Exact repetition of the data below is required.

Start of Block

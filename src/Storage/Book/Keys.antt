-- ===== src/Storage/Book/Keys.antt =====
-- The order of the packed keys, `cmp` of slices in crates/attic-storage/src/book.rs.
use attic_shogi.Prelude.{ℕ, ◌<◌, ◌≡◌, refl, ap₂, ◌∙◌, ◌≢◌, ◌⊎◌, inl, inr, [], ◌∷◌, arith}
use attic_shogi.Storage.Bytes.{Bytes}
use attic_shogi.Storage.Book.{Order, less, equal, greater, cmp_byte, cmp}

-- A comparison of two bytes that leads to `less`: the first one decides, or the rest does.
cmp_byte-less : (a b : ℕ) (o : Order) → cmp_byte a b o ≡ less → (a < b) ⊎ ((a ≡ b) × (o ≡ less))
unfolding cmp_byte
cmp_byte-less a b o h = ground arith

cmp_byte-greater :
    (a b : ℕ) (o : Order) → cmp_byte a b o ≡ greater → (b < a) ⊎ ((a ≡ b) × (o ≡ greater))
unfolding cmp_byte
cmp_byte-greater a b o h = ground arith

cmp_byte-equal : (a b : ℕ) (o : Order) → cmp_byte a b o ≡ equal → (a ≡ b) × (o ≡ equal)
unfolding cmp_byte
cmp_byte-equal a b o h = ground arith

cmp_byte-lt : (a b : ℕ) (o : Order) → a < b → cmp_byte a b o ≡ less
unfolding cmp_byte
cmp_byte-lt a b o h = ground arith

cmp_byte-gt : (a b : ℕ) (o : Order) → b < a → cmp_byte a b o ≡ greater
unfolding cmp_byte
cmp_byte-gt a b o h = ground arith

cmp_byte_self : (a : ℕ) (o : Order) → cmp_byte a a o ≡ o
unfolding cmp_byte
cmp_byte_self a o = ground arith

pub cmp_refl : (a : Bytes) → cmp a a ≡ equal
unfolding cmp
cmp_refl [] = refl
cmp_refl (a ∷ xs) = cmp_byte_self a (cmp xs xs) ∙ cmp_refl xs

pub eq_of_cmp : (a b : Bytes) → cmp a b ≡ equal → a ≡ b
unfolding cmp
eq_of_cmp [] [] h = refl
eq_of_cmp [] (b ∷ ys) h = cc
eq_of_cmp (a ∷ xs) [] h = cc
eq_of_cmp (a ∷ xs) (b ∷ ys) h =
    let (e, r) = cmp_byte-equal a b (cmp xs ys) h in ap₂ ◌∷◌ e (eq_of_cmp xs ys r)

pub cmp_swap : (a b : Bytes) → cmp a b ≡ greater → cmp b a ≡ less
unfolding cmp
cmp_swap [] [] h = cc
cmp_swap [] (b ∷ ys) h = cc
cmp_swap (a ∷ xs) [] h = refl
cmp_swap (a ∷ xs) (b ∷ ys) h = elim (cmp_byte-greater a b (cmp xs ys) h) [
  | inl lt ↦ cmp_byte-lt b a (cmp ys xs) lt
  | inr (e, r) ↦ rw e (cmp_byte_self b (cmp ys xs) ∙ cmp_swap xs ys r)
]

pub cmp_trans : (a b c : Bytes) → cmp a b ≡ less → cmp b c ≡ less → cmp a c ≡ less
unfolding cmp
cmp_trans [] [] c h k = k
cmp_trans [] (b ∷ ys) [] h k = cc
cmp_trans [] (b ∷ ys) (c ∷ zs) h k = refl
cmp_trans (a ∷ xs) [] c h k = cc
cmp_trans (a ∷ xs) (b ∷ ys) [] h k = cc
cmp_trans (a ∷ xs) (b ∷ ys) (c ∷ zs) h k = elim (cmp_byte-less a b (cmp xs ys) h) [
  | inl p ↦ elim (cmp_byte-less b c (cmp ys zs) k) [
    | inl q ↦ cmp_byte-lt a c (cmp xs zs) (omega arith)
    | inr (e, r) ↦ cmp_byte-lt a c (cmp xs zs) (omega arith)
  ]
  | inr (e, r) ↦ elim (cmp_byte-less b c (cmp ys zs) k) [
    | inl q ↦ cmp_byte-lt a c (cmp xs zs) (omega arith)
    | inr (f, s) ↦ rw (e ∙ f) (cmp_byte_self c (cmp xs zs) ∙ cmp_trans xs ys zs r s)
  ]
]

-- A key below another is not that key.
pub less-ne : (a b : Bytes) → cmp a b ≡ less → a ≢ b
less-ne a b h e = let r = cmp_refl b in cc

pub greater-ne : (a b : Bytes) → cmp a b ≡ greater → a ≢ b
greater-ne a b h e = let r = cmp_refl b in cc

End of Block

Written solution.
filename src/Storage/Book/Keys.antt
-- ===== src/Storage/Book/Keys.antt =====
-- The order of the packed keys, `cmp` of slices in crates/attic-storage/src/book.rs.
use attic_shogi.Prelude.{ℕ, ◌<◌, ◌≡◌, refl, ap₂, ◌∙◌, ◌≢◌, ◌⊎◌, inl, inr, [], ◌∷◌, arith}
use attic_shogi.Storage.Bytes.{Bytes}
use attic_shogi.Storage.Book.{Order, less, equal, greater, cmp_byte, cmp}

-- A comparison of two bytes that leads to `less`: the first one decides, or the rest does.
cmp_byte-less : (a b : ℕ) (o : Order) → cmp_byte a b o ≡ less → (a < b) ⊎ ((a ≡ b) × (o ≡ less))
unfolding cmp_byte
cmp_byte-less a b o h = ground arith

cmp_byte-greater :
    (a b : ℕ) (o : Order) → cmp_byte a b o ≡ greater → (b < a) ⊎ ((a ≡ b) × (o ≡ greater))
unfolding cmp_byte
cmp_byte-greater a b o h = ground arith

cmp_byte-equal : (a b : ℕ) (o : Order) → cmp_byte a b o ≡ equal → (a ≡ b) × (o ≡ equal)
unfolding cmp_byte
cmp_byte-equal a b o h = ground arith

cmp_byte-lt : (a b : ℕ) (o : Order) → a < b → cmp_byte a b o ≡ less
unfolding cmp_byte
cmp_byte-lt a b o h = ground arith

cmp_byte-gt : (a b : ℕ) (o : Order) → b < a → cmp_byte a b o ≡ greater
unfolding cmp_byte
cmp_byte-gt a b o h = ground arith

cmp_byte_self : (a : ℕ) (o : Order) → cmp_byte a a o ≡ o
unfolding cmp_byte
cmp_byte_self a o = ground arith

pub cmp_refl : (a : Bytes) → cmp a a ≡ equal
unfolding cmp
cmp_refl [] = refl
cmp_refl (a ∷ xs) = cmp_byte_self a (cmp xs xs) ∙ cmp_refl xs

pub eq_of_cmp : (a b : Bytes) → cmp a b ≡ equal → a ≡ b
unfolding cmp
eq_of_cmp [] [] h = refl
eq_of_cmp [] (b ∷ ys) h = cc
eq_of_cmp (a ∷ xs) [] h = cc
eq_of_cmp (a ∷ xs) (b ∷ ys) h =
    let (e, r) = cmp_byte-equal a b (cmp xs ys) h in ap₂ ◌∷◌ e (eq_of_cmp xs ys r)

pub cmp_swap : (a b : Bytes) → cmp a b ≡ greater → cmp b a ≡ less
unfolding cmp
cmp_swap [] [] h = cc
cmp_swap [] (b ∷ ys) h = cc
cmp_swap (a ∷ xs) [] h = refl
cmp_swap (a ∷ xs) (b ∷ ys) h = elim (cmp_byte-greater a b (cmp xs ys) h) [
  | inl lt ↦ cmp_byte-lt b a (cmp ys xs) lt
  | inr (e, r) ↦ rw e (cmp_byte_self b (cmp ys xs) ∙ cmp_swap xs ys r)
]

pub cmp_trans : (a b c : Bytes) → cmp a b ≡ less → cmp b c ≡ less → cmp a c ≡ less
unfolding cmp
cmp_trans [] [] c h k = k
cmp_trans [] (b ∷ ys) [] h k = cc
cmp_trans [] (b ∷ ys) (c ∷ zs) h k = refl
cmp_trans (a ∷ xs) [] c h k = cc
cmp_trans (a ∷ xs) (b ∷ ys) [] h k = cc
cmp_trans (a ∷ xs) (b ∷ ys) (c ∷ zs) h k = elim (cmp_byte-less a b (cmp xs ys) h) [
  | inl p ↦ elim (cmp_byte-less b c (cmp ys zs) k) [
    | inl q ↦ cmp_byte-lt a c (cmp xs zs) (omega arith)
    | inr (e, r) ↦ cmp_byte-lt a c (cmp xs zs) (omega arith)
  ]
  | inr (e, r) ↦ elim (cmp_byte-less b c (cmp ys zs) k) [
    | inl q ↦ cmp_byte-lt a c (cmp xs zs) (omega arith)
    | inr (f, s) ↦ rw (e ∙ f) (cmp_byte_self c (cmp xs zs) ∙ cmp_trans xs ys zs r s)
  ]
]

-- A key below another is not that key.
pub less-ne : (a b : Bytes) → cmp a b ≡ less → a ≢ b
less-ne a b h e = let r = cmp_refl b in cc

pub greater-ne : (a b : Bytes) → cmp a b ≡ greater → a ≢ b
greater-ne a b h e = let r = cmp_refl b in cc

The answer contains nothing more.